И вот этот крадущийся, затаённый тон, совершенно неподдельный, заставил следователя, разбирающего стопку дел на углу стола, поднять заинтересованно глаза и даже допустить, что у парнишки что-то эдакое есть. А Нежин, уловив это, так устыдился своего «вещественного доказательства», свёрнутого, немного грязного и скомканного, что сказал:
– Около пятидесяти человек. И кстати, судьба этого мальчишки не безразлична Павлу Артемьевичу Кострякову! Как вы можете догадаться, прокурор и Костряков имеют хорошие отношения, – положил на стол трубкой свёрнутый эскиз и развернулся уходить.
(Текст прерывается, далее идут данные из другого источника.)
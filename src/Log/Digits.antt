-- ===== src/Log/Digits.antt =====
-- The text of a number reads back as the number.
use anbo_mos.Common.{
  ℕ, zero, suc, ◌+◌, ◌-◌, ◌*◌, ◌/◌, ◌%◌, ◌^◌, ◌≤◌, ◌<◌, bit_and, true, Option, some, List, [], ◌∷◌,
  ◌++◌, ◌≡◌, refl, ap, ◌∙◌, sym, inl, inr, Bool-cases, arith, ltb, ◌==◌, ==_iff, if◌then◌else◌,
  length, length-append, take_all, sub32, add32,
}
use native.Mathlib.Nat.{pow-suc, pow-zero, div-add-mod, div-lt_iff_lt-mul}
use mathlib.Core.Path.{ap₂}
use anbo_mos.Common.Bits.{bit_and_mask, holds_below, holds_below-lt}
use anbo_mos.Log.{
  digits_loop, reversed, filled, zero_char, dec_digit, u32_to_dec, minus_char, i32_to_dec,
  u32_to_text, nibble_to_hex, hex_digit, u32_to_hex,
}

-- What a digit character of a number in base 10 or 16 stands for.
abbrev pub digit_value : ℕ → ℕ
digit_value c = if ltb c 58 then c - 48 else c - 87

length-reversed : (tmp : List ℕ) → length (reversed tmp) ≡ length tmp
unfolding reversed
length-reversed [] = refl
length-reversed (c ∷ tmp) =
    omega (arith, length-append (reversed tmp) (c ∷ []), length-reversed tmp)

filled-reversed :
    (size room : ℕ) (tmp : List ℕ)
    → length tmp ≤ room
    → room ≤ size
    → filled size (some tmp) ≡ some (reversed tmp, length (reversed tmp))
filled-reversed size room tmp l s =
    ap (λ out. some (out, length out))
      (take_all size (reversed tmp) (omega (arith, length-reversed tmp)))

module _ (base : ℕ) where
  -- The number that a text stands for, read from the left, as `strtoul` reads it.
  unfoldable pub parsed : List ℕ → ℕ → ℕ
  parsed [] acc = acc
  parsed (c ∷ cs) acc = parsed cs (acc * base + digit_value c)

  parsed-append :
      (xs : List ℕ) (c acc : ℕ) → parsed (xs ++ c ∷ []) acc ≡ parsed xs acc * base + digit_value c
  unfolding parsed
  parsed-append [] c acc = refl
  parsed-append (x ∷ xs) c acc = parsed-append xs c (acc * base + digit_value x)

  module _ (digit : ℕ → ℕ) (reads : (v : ℕ) → digit_value (digit v) ≡ v % base) where
    -- Within `base ^ room` the loop ends in the array, with at most `room` digits.
    digits_loop-parsed :
        (room val : ℕ)
        → 1 < base
        → val < base ^ room
        → (tmp : List ℕ) × (digits_loop base digit room val ≡ some tmp)
          × (parsed (reversed tmp) 0 ≡ val)
          × (length tmp ≤ room)
    unfolding digits_loop reversed parsed
    digits_loop-parsed zero val b h =
        let none_left : val ≡ 0 = omega (arith, pow-zero base) in
        rw none_left ([], refl, refl, omega arith)
    digits_loop-parsed (suc room) val b h = elim (Bool-cases (val == 0)) [
      | inl ends ↦ rw ends ([], refl, sym ((==_iff val 0).0 ends), omega arith)
      | inr more ↦
          let (tmp, e, p, l) =
            digits_loop-parsed room (val / base) b
              ((div-lt_iff_lt-mul {k = base} (omega arith)).1 (rw pow-suc at h)) in
          rw (more, e)
            (
              digit val ∷ tmp,
              refl,
              parsed-append (reversed tmp) (digit val) 0
                  ∙ ap₂ (λ q r. q * base + r) p (reads val)
                  ∙ (grind (arith, div-add-mod val base)),
              omega arith,
            )
    ]

-- The digit characters of the two bases stand for the digits.
dec_digit-value : (v : ℕ) → digit_value (dec_digit v) ≡ v % 10
dec_digit-value v = ground arith

-- what `nibble_to_hex` computes from the nibble
abbrev hex_char : ℕ → ℕ
hex_char n = (n + zero_char + bit_and (sub32 (sub32 n 10 / 2 ^ 31) 1) 39) % 2 ^ 8

hex_char-value : holds_below (λ n. digit_value (hex_char n) == n) 16 ≡ true
unfolding holds_below
hex_char-value = refl

hex_digit-value : (v : ℕ) → digit_value (hex_digit v) ≡ v % 16
unfolding nibble_to_hex
hex_digit-value v =
    let low : bit_and (v % 2 ^ 8) 15 ≡ v % 16 = bit_and_mask 4 (v % 2 ^ 8) ∙ (omega arith) in
    ap (λ n. digit_value (hex_char n)) low
    ∙ (==_iff _ (v % 16)).0 (
        holds_below-lt (λ n. digit_value (hex_char n) == n) 16 (v % 16) (omega arith)
          hex_char-value)

-- A conversion has written the text `out` of at most `most` characters, returns its length, and the
-- text reads back as `val`.
abbrev pub Written : (base most val : ℕ) → Option (List ℕ × ℕ) → Type 0
Written base most val result =
    (out : List ℕ) × (result ≡ some (out, length out))
    × (parsed base out 0 ≡ val)
    × (length out ≤ most)

u32_to_text-Written :
    (base room size val : ℕ) (digit : ℕ → ℕ)
    → ((v : ℕ) → digit_value (digit v) ≡ v % base)
    → 1 < base
    → 0 < room
    → room ≤ size
    → val < base ^ room
    → Written base room val (u32_to_text base digit room size val)
unfolding u32_to_text parsed
u32_to_text-Written base room size val digit reads b r s h = elim (Bool-cases (val == 0)) [
  | inl none_left ↦
      let fits : ltb 0 size ≡ true = ground arith in
      rw (none_left, fits)
        (zero_char ∷ [], refl, grind (arith, (==_iff val 0).0 none_left), omega arith)
  | inr more ↦
      let (tmp, e, p, l) = digits_loop-parsed base digit reads room val b h in
      rw (more, e)
        (reversed tmp, filled-reversed size room tmp l s, p, omega (arith, length-reversed tmp))
]

-- `u32_to_dec` into 10 characters or more ends and writes the decimal text of any word, which has at
-- most the 10 characters of its array.
pub u32_to_dec-Written :
    (size val : ℕ) → 10 ≤ size → val < 2 ^ 32 → Written 10 10 val (u32_to_dec size val)
unfolding u32_to_dec
u32_to_dec-Written size val s h =
    u32_to_text-Written 10 10 size val dec_digit dec_digit-value (omega arith) (omega arith) s
      (omega arith)

-- `u32_to_hex` into 8 characters or more ends and writes the hexadecimal text of any word, which has
-- at most the 8 characters of its array.
pub u32_to_hex-Written :
    (size val : ℕ) → 8 ≤ size → val < 2 ^ 32 → Written 16 8 val (u32_to_hex size val)
unfolding u32_to_hex
u32_to_hex-Written size val s h =
    u32_to_text-Written 16 8 size val hex_digit hex_digit-value (omega arith) (omega arith) s
      (omega arith)

-- `i32_to_dec` into 12 characters or more ends and writes the decimal text of a number that is not
-- negative, and of a negative one, INT32_MIN included, a minus sign and the text of its magnitude.
pub i32_to_dec-Written :
    (size val : ℕ)
    → 12 ≤ size
    → val < 2 ^ 32
    → if ltb val (2 ^ 31)
      then Written 10 10 val (i32_to_dec size val)
      else (out : List ℕ) × (i32_to_dec size val ≡ some (minus_char ∷ out, suc (length out)))
        × (parsed 10 out 0 ≡ 2 ^ 32 - val)
        × (length out ≤ 10)
unfolding i32_to_dec
i32_to_dec-Written size val s h = elim (Bool-cases (ltb val (2 ^ 31))) [
  | inl plain ↦ rw plain (u32_to_dec-Written size val (omega arith) h)
  | inr negative ↦
      let fits : ltb 0 size ≡ true = ground arith in
      let big : 2 ^ 31 ≤ val = ground arith in
      let (out, e, p, l) =
        u32_to_dec-Written (size - 1) (add32 (2 ^ 32 - 1 - val) 1) (omega arith) (omega arith) in
      rw (negative, fits)
        (out, rw e (ap (λ n. some (minus_char ∷ out, n)) (omega arith)), p ∙ (omega arith), l)
]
– Следствием установлен факт спора в баре и произошедшая через десять часов после того драка с разнорабочим Снхчяном, приведшая к гибели Замира. Снхчян заявлял, что отец Замира – вор, беглец и предатель. Это послужило поводом для драки с летальным исходом. А пятьдесят человек – ведь вы это про шуточное соревнование в спортбаре, да? – переспросил Борис Александрович, чуть наклонив набок голову и с удовольствием разворачивая и разглядывая рисунок, который принёс Бажен. – М-да, поразительная живость… Вы знаете, если б у меня к делу не было пришито чистосердечное признание Снхчяна, я бы наверняка подумал, что тут не обошлось без некоторого этнического, так скажем, фактора. Но, – он протянул эскиз обратно, – тут бытовая, самая что ни на есть, ситуация. Да вы присядьте, присядьте, – показал он на стул, стоявший около стопки бумаг, и сам сел в кресло. – Говорите, Костряков… угу, – потёр он длинный подбородок, – да вот же, как говорится, дружба дружбой, а истина одна. Это пусть они сами с прокурором, – прокашлялся он в маленький сухой кулак и закурил ещё одну сигарету.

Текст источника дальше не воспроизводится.